Eidetics’ Analytic Tools to Improve Trial Design and Recruitment



CLINICAL TRIAL DESIGN

By Deborah Borfitz

Dec. 1, 2008 | For 20 years now, Boston-based Eidetics has been conducting primary market research to help drug companies understand market dynamics and brand growth opportunities. Designing clinical trials attuned to real-world medical practice has been part of its mantra.

A division of Quintiles Consulting since May, Eidetics will now be using its flagship data analytics application to help parent Quintiles Transnational mine its “operations experience” – clinical trials involving more than 2.5 million patients – for lessons on improving the trial recruitment and enrollment process, says Vice President Jim Kirk. The software, known as Provenance, can also be applied to public-domain patient-level data collected and maintained by the U.S. Centers for Disease Control and Prevention to identify patient subgroups of interest or patterns of treatment or co-morbidities that should be factored into clinical trial design.
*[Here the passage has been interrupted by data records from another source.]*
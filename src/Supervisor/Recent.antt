-- ===== src/Supervisor/Recent.antt =====
-- internal/supervisor/supervisor.go: the message that reads recent entries of the log files.
use tmidb_core.Base.{
  Bool, ℕ, zero, suc, ◌+◌, ◌-◌, ◌/◌, ℤ, pos, negsuc, true, false, List, [], ◌∷◌, ◌++◌, Option, none,
  some, Text, bytes, is_empty, text_eq, length, take, ltb, if◌then◌else◌,
}
use tmidb_core.Base.Strings.{trim_space}
use tmidb_core.Ipc.{Response, new_response, LogEntry}

-- A log file as a scanner gives it: its lines, and the error after them; `absent` where it cannot
-- be opened.
pub data LogFile : Type 0 where
  absent : LogFile
  lines : List Text → Option Text → LogFile

abbrev pub components : List Text
components =
    bytes "api"
    ∷ bytes "data-manager"
    ∷ bytes "data-consumer"
    ∷ bytes "postgresql"
    ∷ bytes "nats"
    ∷ bytes "seaweedfs"
    ∷ []

-- `lines/len(components)+10`: the quotient is cut off towards zero.
unfoldable pub quota : ℤ → ℤ
quota (pos n) = pos (n / 6 + 10)
quota (negsuc n) = let q = suc n / 6 in if ltb 10 q then negsuc (q - 11) else pos (10 - q)

-- The slice that an answer takes: `none` is the panic of a bound that is negative.
unfoldable pub first_lines : ℤ → List LogEntry → Option (List LogEntry)
first_lines (pos n) all = some (if ltb n (length all) then take n all else all)
first_lines (negsuc n) all = none

unfoldable pub and_then : List LogEntry → Option (List LogEntry) → Option (List LogEntry)
and_then es none = none
and_then es (some more) = some (es ++ more)

unfoldable pub logs_reply : Text → Option (List LogEntry) → Option (Response (List LogEntry))
logs_reply id none = none
logs_reply id (some logs) = some (new_response id true (some logs) [])

-- The comparison of the sorts: the newest first.
abbrev pub newer : LogEntry → LogEntry → Bool
newer a b = ltb b.timestamp a.timestamp

-- `decode` is encoding/json on a line, `sort_slice` is `sort.Slice` with its comparison, which leaves
-- the order of equals open, and `digit` what "%d" makes of the number of a rotated file.
module _ (decode : Text → Option LogEntry)
    (sort_slice : (LogEntry → LogEntry → Bool) → List LogEntry → List LogEntry) (digit : ℕ → Text)
    (files : Text → LogFile) where
  unfoldable pub decode_lines : List Text → List LogEntry
  decode_lines [] = []
  decode_lines (l ∷ ls) =
      let rest = decode_lines ls in
      let line = trim_space l in
      if is_empty line then rest else elim (decode line) [ none ↦ rest | some e ↦ e ∷ rest ]

  -- `none` where it returns an error.
  unfoldable pub read_log_file : Text → Option (List LogEntry)
  read_log_file filename = elim (files filename) [
    | absent ↦ none
    | lines ls (some e) ↦ none
    | lines ls none ↦ some (decode_lines ls)
  ]

  -- The loop over the rotated files, with how many there are left to look at.
  unfoldable pub read_rotated : ℕ → ℕ → Text → List LogEntry → List LogEntry
  read_rotated zero i base all = all
  read_rotated (suc left) i base all =
      elim (read_log_file (base ++ bytes "." ++ digit i ++ bytes ".log")) [
        | none ↦ all
        | some es ↦ read_rotated left (suc i) base (es ++ all)
      ]

  unfoldable pub all_entries : Text → Text → List LogEntry
  all_entries log_dir component =
      let base = log_dir ++ bytes "/" ++ component in
      let current : List LogEntry = elim (read_log_file (base ++ bytes ".log")) [
        | none ↦ []
        | some es ↦ es
      ] in
      read_rotated 10 0 base current

  unfoldable pub read_recent_logs_from_dir : Text → Text → ℤ → Option (List LogEntry)
  read_recent_logs_from_dir log_dir component n =
      first_lines n (sort_slice newer (all_entries log_dir component))

  -- The loop over the components.
  unfoldable pub read_components : Text → ℤ → List Text → Option (List LogEntry)
  read_components dir n [] = some []
  read_components dir n (c ∷ cs) =
      let rest = read_components dir n cs in
      elim (read_recent_logs_from_dir (dir ++ bytes "/" ++ c) c n) [
        | none ↦ none
        | some es ↦ and_then es rest
      ]

  unfoldable pub read_all_component_logs : Text → ℤ → Option (List LogEntry)
  read_all_component_logs dir n = elim (read_components dir (quota n) components) [
    | none ↦ none
    | some all ↦ first_lines n (sort_slice newer all)
  ]

  -- `component` is the string and `lines` the number of the message, `none` if there is none; `dir`
  -- is the directory of logs.
  unfoldable pub handle_get_logs :
      Text → Text → Option Text → Option ℤ → Option (Response (List LogEntry))
  handle_get_logs dir id none n =
      some (new_response id false none (bytes "component name required"))
  handle_get_logs dir id (some component) n =
      let count : ℤ = elim n [ none ↦ pos 50 | some k ↦ k ] in
      if text_eq component (bytes "all")
      then logs_reply id (read_all_component_logs dir count)
      else logs_reply id (read_recent_logs_from_dir (dir ++ bytes "/" ++ component) component count)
 Jim Kirk, Eidetics, clinical trial design and recruitment 
Jim Kirk
Provenance has been used commercially for close to three years now, answering questions such as how physicians make treatment decisions or which product features they find most appealing, says Kirk. “Now, we’re applying some of those same kinds of analytic tools to clinical data.”

Eidetics’ mission, as its name implies, is to provide a “vivid, detailed look at the marketplace,” says Kirk. It was a sensible acquisition target for Quintiles Consulting, given that both companies are committed to providing evidence-based advice. They also share some of the same clientele. Eidetics counts among its repeat customers 18 of the top 20 pharmaceutical companies.

Up to now, Eidetics’ involvement in the clinical trial enterprise has been limited to helping drug firms design Phase II and III trials that “speak to the marketplace” and address relevant endpoints, says Kirk. For example, it recently helped a client decide if a high-stakes central nervous system study would be more interesting to physicians as a comparator or placebo-controlled trial.

Designing trials to include – as much as possible – “real-world” patients with their attendant co-morbidities is a routine recommendation, says Kirk. The company also tends to encourage “non-esoteric metrics,” such as a short and simple quality-of-life instrument, to assess drugs’ clinical performance in a manner consistent with practical rather than theoretical medicine.

“Quintiles Transnational has really set its sights on helping bring good drugs to market faster and as safely as possible…and we play an important role in that,” says Kirk. “Part of what we do is to help clients design and execute clinical trials in a way that allows them to recruit more effectively and efficiently, target the right kind of patients, and measure the right endpoints.”

That Provenance provides a panoramic view of complex data and utilizes advanced data mining techniques and Bayesian networks may well position Quintiles to take a leadership position within the world of adaptive clinical trials, says Kirk. To date, Quintiles has conducted 400 trials using electronic data capture.